Judge Saffels apparently made his statement at an informal, in-chambers conference of all counsel and did not indicate how he arrived at the 12-day figure. Judge Rogers provided a thorough explanation of his decision that the 70-day period had not expired on June 29, 1992. He found that the 70-day period began on March 12, 1992, the day after the filing of the original indictment.1 When the trial began on June 29, 1992, 110 days had elapsed since appellants were first indicted, but at least 46 of those days were excludable from calculations under the Act. The district court computed these as follows: The 32 days from April 10 to May 11, the four days from May 15 to 18, and the seven days from June 23 to 29 were excludable because pretrial motions were pending during those periods. See 18 U.S.C. § 3161(h) (1) (F). The one day from June 1 to June 2 was excludable because the trial was then continued upon motion of the defendants and the court found the ends of justice served by the continuance outweighed the value of a speedy trial. See 18 U.S.C. § 3161(h) (8) (A). Finally, the two days of March 24 and June 19 were excludable because the magistrate conducted omnibus and arraignment hearings on those days. See 18 U.S.C. § 3161(h) (1).
We see no error in these calculations. Thus, for speedy trial purposes, a maximum of only 64 nonexcludable days elapsed between the initial indictment and the beginning of trial. We agree with the district court that the Act was not violated.
Each defendant moved for acquittal at the close of the government's case on the ground that the evidence was insufficient to support his conviction for conspiracy under Count One of the second superseding indictment. The court denied the motions.
In deciding whether the evidence was sufficient to support the convictions,
[w]e must view the evidence, both direct and circumstantial, in the light most favorable to the government, and without weighing conflicting evidence or considering the credibility of witnesses, determine whether that evidence, if believed, would establish each element of the crime.
United States v. White, 673 F.2d 299, 301-02 (10th Cir. 1982). The elements of the crime of conspiracy are 1) agreement with another person to violate the law; 2) knowledge of the essential objectives of the conspiracy; 3) knowing and voluntary involvement; and 4) interdependence among the alleged co-conspirators. United States v. Evans, 970 F.2d 663, 668-69 (10th Cir. 1992), cert. denied, --- U.S. ----, 113 S. Ct. 1288, 122 L. Ed. 2d 680 (1993).

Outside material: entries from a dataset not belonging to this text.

-- ===== src/Engine/Reorder.antt =====
-- A delete and an older upsert that reach the node in either order, as those of two flushes may.
use tantylla.Base.{
  Option-cases, inl, inr, ℕ, ◌<◌, ◌≡◌, refl, ap, ◌∙◌, subst, String, false, Option, none, some,
  arith, eq_refl,
}
use tantylla.Indexer.{IndexOperation}
use tantylla.Json.Deltas.{JsonOps}
use tantylla.Engine.Doc.{Doc}
use tantylla.Engine.Index.{Tantivy}
use tantylla.Engine.State.{Engine, find_indexed, find_cached_or_indexed}
use tantylla.Engine.Batch.{is_stale, upserted, add_to_index, put_doc, apply_upsert, apply_delete}
use tantylla.Engine.Newest.{find-apply_upsert}
use tantylla.Engine.Gaps.{find-apply_delete, not_stale, generation-apply_delete}

module _ (json : JsonOps) (t : Tantivy) where
  abbrev find : Engine t → String → Option Doc
  find = find_cached_or_indexed t

  -- The writer's index is no part of the cache or of the snapshot.
  add_to_index-rest :
      (x : Option t.Document) (e : Engine t)
      → ((add_to_index json t x e).0.uncommitted_docs ≡ e.uncommitted_docs)
        × ((add_to_index json t x e).0.snapshot ≡ e.snapshot)
  unfolding add_to_index
  add_to_index-rest none e = (refl, refl)
  add_to_index-rest (some v) e = elim (Option-cases (t.add_document v e.index)) [
    | inl q ↦ rw (q, add_to_index) (refl, refl)
    | inr (ix, q) ↦ rw (q, add_to_index) (refl, refl)
  ]

  later_not_stale : (o : Option Doc) (n m : ℕ) → is_stale o n ≡ false → n < m → is_stale o m ≡ false
  unfolding is_stale
  later_not_stale none n m h k = refl
  later_not_stale (some d) n m h k = ground arith

  snapshot-apply_upsert :
      (op : IndexOperation) (e : Engine t)
      → is_stale (find e op.id) op.writetime ≡ false
      → (apply_upsert json t op e).0.snapshot ≡ e.snapshot
  unfolding apply_upsert
  snapshot-apply_upsert op e fresh = rw fresh ((add_to_index-rest _ _).1 ∙ unfold put_doc in refl)

  module _ (del up : IndexOperation) (e : Engine t) (same : del.id ≡ up.id)
      (older : up.writetime < del.writetime) (fresh : is_stale (find e up.id) up.writetime ≡ false)
      (unindexed : find_indexed t up.id e.snapshot ≡ none) where
    -- The delete comes last and takes the document.
    upsert_first : find (apply_delete json t del (apply_upsert json t up e).0).0 up.id ≡ none
    upsert_first =
        let e' = (apply_upsert json t up e).0 in
        let found : find e' up.id ≡ some (upserted json (find e up.id) up e.current_generation) =
          find-apply_upsert json t up e up.id ∙ rw (fresh, eq_refl up.id) refl in
        let accepted : is_stale (find e' del.id) del.writetime ≡ false =
          ap (λ i. is_stale (find e' i) del.writetime) same
          ∙ ap (λ o. is_stale o del.writetime) found
          ∙ not_stale json t _ del.writetime (unfold upserted in older) in
        subst (λ i. find (apply_delete json t del e').0 i ≡ none) same
          (find-apply_delete json t del e' accepted
            ∙ ap (find_indexed t del.id) (snapshot-apply_upsert up e fresh)
            ∙ ap (λ i. find_indexed t i e.snapshot) same
            ∙ unindexed)

    -- The upsert comes last and is not refused.
    delete_first :
        find (apply_upsert json t up (apply_delete json t del e).0).0 up.id
        ≡ some (upserted json none up e.current_generation)
    delete_first =
        let e' = (apply_delete json t del e).0 in
        let accepted : is_stale (find e del.id) del.writetime ≡ false =
          ap (λ i. is_stale (find e i) del.writetime) same
          ∙ later_not_stale (find e up.id) up.writetime del.writetime fresh older in
        let gone : find e' up.id ≡ none =
          subst (λ i. find e' i ≡ find_indexed t i e.snapshot) same
            (find-apply_delete json t del e accepted)
          ∙ unindexed in
        find-apply_upsert json t up e' up.id
        ∙ rw (gone, eq_refl up.id, generation-apply_delete json t del e) (unfold is_stale in refl)

    -- An upsert and a newer delete of one id, which is not in the last snapshot and where nothing newer than
    -- the upsert is known: the upsert before the delete leaves nothing, and the delete before the upsert
    -- leaves the upserted document.
    pub delete_upsert_order :
        (find (apply_delete json t del (apply_upsert json t up e).0).0 up.id ≡ none)
        × (find (apply_upsert json t up (apply_delete json t del e).0).0 up.id
            ≡ some (upserted json none up e.current_generation))
    delete_upsert_order = (upsert_first, delete_first)
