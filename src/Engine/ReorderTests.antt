-- ===== src/Engine/ReorderTests.antt =====
-- Examples: an upsert and a delete in both orders, on the index in memory of the other examples.
use tantylla.Base.{◌≡◌, refl, none, some, arith}
use tantylla.Base.Assoc.{lookup}
use tantylla.Json.Tests.{small_json}
use tantylla.Engine.State.{find_indexed, indexed_of, find_cached_or_indexed}
use tantylla.Engine.Batch.{is_stale, upserted, apply_upsert, apply_delete}
use tantylla.Engine.Reorder.{delete_upsert_order}
use tantylla.Engine.Tests.{memory, no_docs, write, erase}

delete_upsert_order_example :
    (find_cached_or_indexed memory
        (apply_delete small_json memory erase (apply_upsert small_json memory write no_docs).0).0
        "u1"
      ≡ none)
    × (find_cached_or_indexed memory
          (apply_upsert small_json memory write (apply_delete small_json memory erase no_docs).0).0
          "u1"
        ≡ some (upserted small_json none write 0))
unfolding find_cached_or_indexed find_indexed indexed_of is_stale lookup
delete_upsert_order_example =
    delete_upsert_order small_json memory erase write no_docs refl (omega arith) refl refl
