-- ===== src/Gateway.antt =====
-- The gateway's scatter-gather of rust/gateway/src/querier/core.rs and its handler of
-- rust/gateway/src/server/handlers.rs. A client is the answer of its node to a request; the texts of
-- the errors are the values that they are formatted from.
pub mod Facets
pub mod Gather
pub mod Collect
pub mod Consistency
pub mod Paging
pub mod FacetCounts
pub mod Tests
pub mod Clients
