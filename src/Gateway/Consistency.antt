-- ===== src/Gateway/Consistency.antt =====
-- The consistency levels of `scatter_gather`, its answers and its errors.
use tantylla.Base.{
  ℕ, ◌%◌, ◌≤◌, ◌≡◌, refl, ◌∙◌, Ordering, Option, none, some, List, length, arith, inl, inr,
  Bool-cases, ltb, eqb, ltb→lt,
}
use tantylla.Indexer.{SearchRequest, Consistency, all_nodes}
use tantylla.Gateway.Facets.{u64_mod}
use tantylla.Gateway.Gather.{
  Answer, ScatterFail, Outcome, Gathered, ok, err, consistency_error, respond, finish,
  scatter_gather,
}
use tantylla.Gateway.Collect.{
  Meets, successes, sum_total_hits, failures, answers, gathered, successes-le-length,
  successful_nodes-gathered, total_hits-gathered, failed_nodes-gathered, scatter_gather-gathered,
}

module _ {F32 : Type 0} where
  -- What the test of the level says of the answers.
  abbrev Verdict : Consistency → ℕ → Gathered F32 → Option ScatterFail → Type 0
  Verdict c total g none = Meets c g.successful_nodes total
  Verdict c total g (some e) = ¬ (Meets c g.successful_nodes total) × (e.errors ≡ g.failed_nodes)

  consistency_error-Verdict :
      (c : Consistency) (total : ℕ) (g : Gathered F32)
      → g.successful_nodes ≤ total
      → Verdict c total g (consistency_error c total g)
  unfolding consistency_error
  consistency_error-Verdict all_nodes total g h = elim (Bool-cases (ltb g.successful_nodes total)) [
    | inl e ↦ rw e ((λ m. omega (arith, ltb→lt g.successful_nodes total e)), refl)
    | inr e ↦ rw e (ground arith)
  ]
  consistency_error-Verdict _ total g h = elim (Bool-cases (eqb g.successful_nodes 0)) [
    | inl e ↦ rw e ((λ m. ground arith), refl)
    | inr e ↦ rw e (ground arith)
  ]

module _ {F32 : Type 0} (partial_cmp : F32 → F32 → Option Ordering) where
  -- What the result of a query says of the answers: a response meets the consistency level and has the
  -- sum of the totals; an error means that the level is not met, and lists the failures.
  abbrev pub Described : SearchRequest F32 → List (Answer F32) → Outcome F32 → Type 0
  Described req rs (ok r) =
      Meets req.consistency (successes rs) (length rs)
      × (r.total_hits ≡ sum_total_hits rs % u64_mod)
  Described req rs (err e) =
      ¬ (Meets req.consistency (successes rs) (length rs)) × (e.errors ≡ failures 0 rs)

  finish-Described :
      (req : SearchRequest F32) (rs : List (Answer F32)) (g : Gathered F32) (o : Option ScatterFail)
      → g.successful_nodes ≡ successes rs
      → g.total_hits ≡ sum_total_hits rs % u64_mod
      → g.failed_nodes ≡ failures 0 rs
      → Verdict req.consistency (length rs) g o
      → Described req rs (finish partial_cmp req g o)
  unfolding finish respond
  finish-Described req rs g none s t f v = (rw s at v, t)
  finish-Described req rs g (some e) s t f v = ((rw s at v.0), v.1 ∙ f)

  -- A query is answered exactly when the nodes that answered meet its consistency level (all of them, or
  -- at least one); the response has the sum of their totals, modulo 2^64, and the error lists every
  -- failure under the number of its node.
  pub scatter_gather-Described :
      (clients : List (SearchRequest F32 → Answer F32)) (req : SearchRequest F32)
      → Described req (answers clients req) (scatter_gather partial_cmp clients req)
  scatter_gather-Described clients req =
      let rs = answers clients req in
      rw (scatter_gather-gathered partial_cmp clients req) (
        finish-Described req rs (gathered rs) _ (successful_nodes-gathered rs)
          (total_hits-gathered rs) (failed_nodes-gathered rs)
          (consistency_error-Verdict req.consistency (length rs) (gathered rs)
            (successes-le-length rs)))
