-- ===== src/Gateway/Tests.antt =====
-- The gateway on two nodes, with numbers for scores.
use Prim.Native.Nat.{compare}
use tantylla.Base.{
  ℕ, ◌≡◌, refl, Ordering, String, false, Option, some, List, [], ◌∷◌, ◌++◌, take, drop, length,
  arith,
}
use tantylla.Base.Sort
use tantylla.Base.Sort.{IsPreorder, IsSorted}
use tantylla.Base.Assoc.{update}
use tantylla.Indexer.{SearchRequest, SearchResponse, SearchHit, FacetResult, all_nodes}
use tantylla.Gateway.Facets.{add_facets}
use tantylla.Gateway.Gather.{Answer, ok, err, node_request, respond, score_before, scatter_gather}
use tantylla.Gateway.Collect.{answers}
use tantylla.Gateway.Consistency.{Described, scatter_gather-Described}
use tantylla.Gateway.Paging.{ServesAll, hits-scatter_gather}
use tantylla.Gateway.FacetCounts.{facet_count, sum_facet_count, facet_count-scatter_gather}

abbrev cmp : ℕ → ℕ → Option Ordering
cmp a b = some (compare a b)

cmp-IsPreorder : IsPreorder (score_before cmp)
unfolding score_before
cmp-IsPreorder = record { le_total = λ x y h. ground arith; le_trans = λ x y z h k. ground arith }

abbrev hit : String → ℕ → SearchHit ℕ
hit i score = record { id = i; score = score; payload_json = "{}"; partition_key = i }

abbrev counted : String → ℕ → List FacetResult
counted v n = record { field = "brand"; buckets = record { value = v; count = n } ∷ [] } ∷ []

-- A node that serves a list of ranked hits.
abbrev node : List (SearchHit ℕ) → List FacetResult → SearchRequest ℕ → Answer ℕ
node ranked facets req = ok (record {
  hits = take req.limit (drop req.offset ranked);
  total_hits = length ranked;
  duration_ms = 1;
  facets = facets;
})

abbrev down : SearchRequest ℕ → Answer ℕ
down req = err (record { code = "Unavailable"; message = "" })

abbrev left : List (SearchHit ℕ)
left = hit "a" 9 ∷ hit "b" 5 ∷ hit "c" 1 ∷ []

abbrev right : List (SearchHit ℕ)
right = hit "d" 7 ∷ hit "e" 5 ∷ []

abbrev page : SearchRequest ℕ
page = record {
  query = "x";
  limit = 2;
  offset = 1;
  consistency = all_nodes;
  default_fields = [];
  facet_fields = "brand" ∷ [];
  boost_fields = [];
  group_by_partition = false;
}

abbrev nodes : List (SearchRequest ℕ → Answer ℕ)
nodes = node left (counted "acme" 2) ∷ node right (counted "acme" 3) ∷ []

nodes-ServesAll : ServesAll page nodes (left ∷ right ∷ [])
nodes-ServesAll = ((λ limit offset h. (_, refl, refl)), ((λ limit offset h. (_, refl, refl)), tt))

hits-scatter_gather_example :
    (r : SearchResponse ℕ) × (scatter_gather cmp nodes page ≡ ok r)
    × (r.hits ≡ take 2 (drop 1 (Sort.sort (score_before cmp) (left ++ right))))
unfolding score_before
hits-scatter_gather_example =
    hits-scatter_gather cmp nodes (left ∷ right ∷ []) page cmp-IsPreorder nodes-ServesAll
      (((refl, (refl, tt)), ((refl, tt), (tt, tt))), (((refl, tt), (tt, tt)), tt)) (omega arith)
      (omega arith) (omega arith)

-- The page, computed: the two hits after the best one.
page_run :
    (r : SearchResponse ℕ) × (scatter_gather cmp nodes page ≡ ok r)
    × (r.hits ≡ hit "d" 7 ∷ hit "b" 5 ∷ [])
unfolding scatter_gather respond node_request score_before Sort.sort
page_run = (_, refl, refl)

abbrev facet_response : SearchResponse ℕ
facet_response = record {
  hits = hit "d" 7 ∷ hit "b" 5 ∷ [];
  total_hits = 5;
  duration_ms = 1;
  facets = counted "acme" 5;
}

facets_run : scatter_gather cmp nodes page ≡ ok facet_response
unfolding scatter_gather respond node_request score_before Sort.sort add_facets update
facets_run = refl

facet_count-scatter_gather_example :
    facet_count "brand" "acme" facet_response.facets
    ≡ sum_facet_count "brand" "acme" (answers nodes page)
facet_count-scatter_gather_example =
    facet_count-scatter_gather cmp "brand" "acme" nodes page facets_run (omega arith)

scatter_gather-Described_example :
    Described cmp page (answers (down ∷ nodes) page) (scatter_gather cmp (down ∷ nodes) page)
scatter_gather-Described_example = scatter_gather-Described cmp (down ∷ nodes) page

KBI Agent Steve Elsen testified that when David Johnson was in jail, David arranged with Clark to have Robert Johnson and "Rick" attempt to complete the sale of the P2P. Robert proposed to Clark a plan, involving "Rick," for consummating the transaction. Niedfeldt picked up David from jail and drove him, in Niedfeldt's car, to Topeka. The P2P was in Niedfeldt's car. David and Niedfeldt met Lane and Clark in Topeka, where the deal was completed. When David and Niedfeldt were arrested on leaving the room, Niedfeldt was carrying $34,000 in cash. He attempted to escape but was tackled by a KBI agent. Following the arrests, a search of Robert's home revealed evidence of a drug laboratory.
We find that the evidence set forth above was sufficient to support the convictions of all appellants for the conspiracy charged in Count One.
Robert Johnson further argues that "there can be no indictable conspiracy with a government informer who secretly intends to frustrate the conspiracy," citing Sears v. United States, 343 F.2d 139, 142 (5th Cir. 1965). Robert's argument is based on the assumption that he could have been found to have "conspired" only with the government informant, Rayburn Clark. This argument does not justify reversal of Robert Johnson's conviction. First, it was apparently not raised below. Second, it ignores the likelihood that the jury found that Robert Johnson had conspired with his brother David, based on the evidence that the two had been setting up a methamphetamine laboratory and the evidence of David Johnson's phone calls to Robert from jail to arrange the aborted meeting with Clark and Lane.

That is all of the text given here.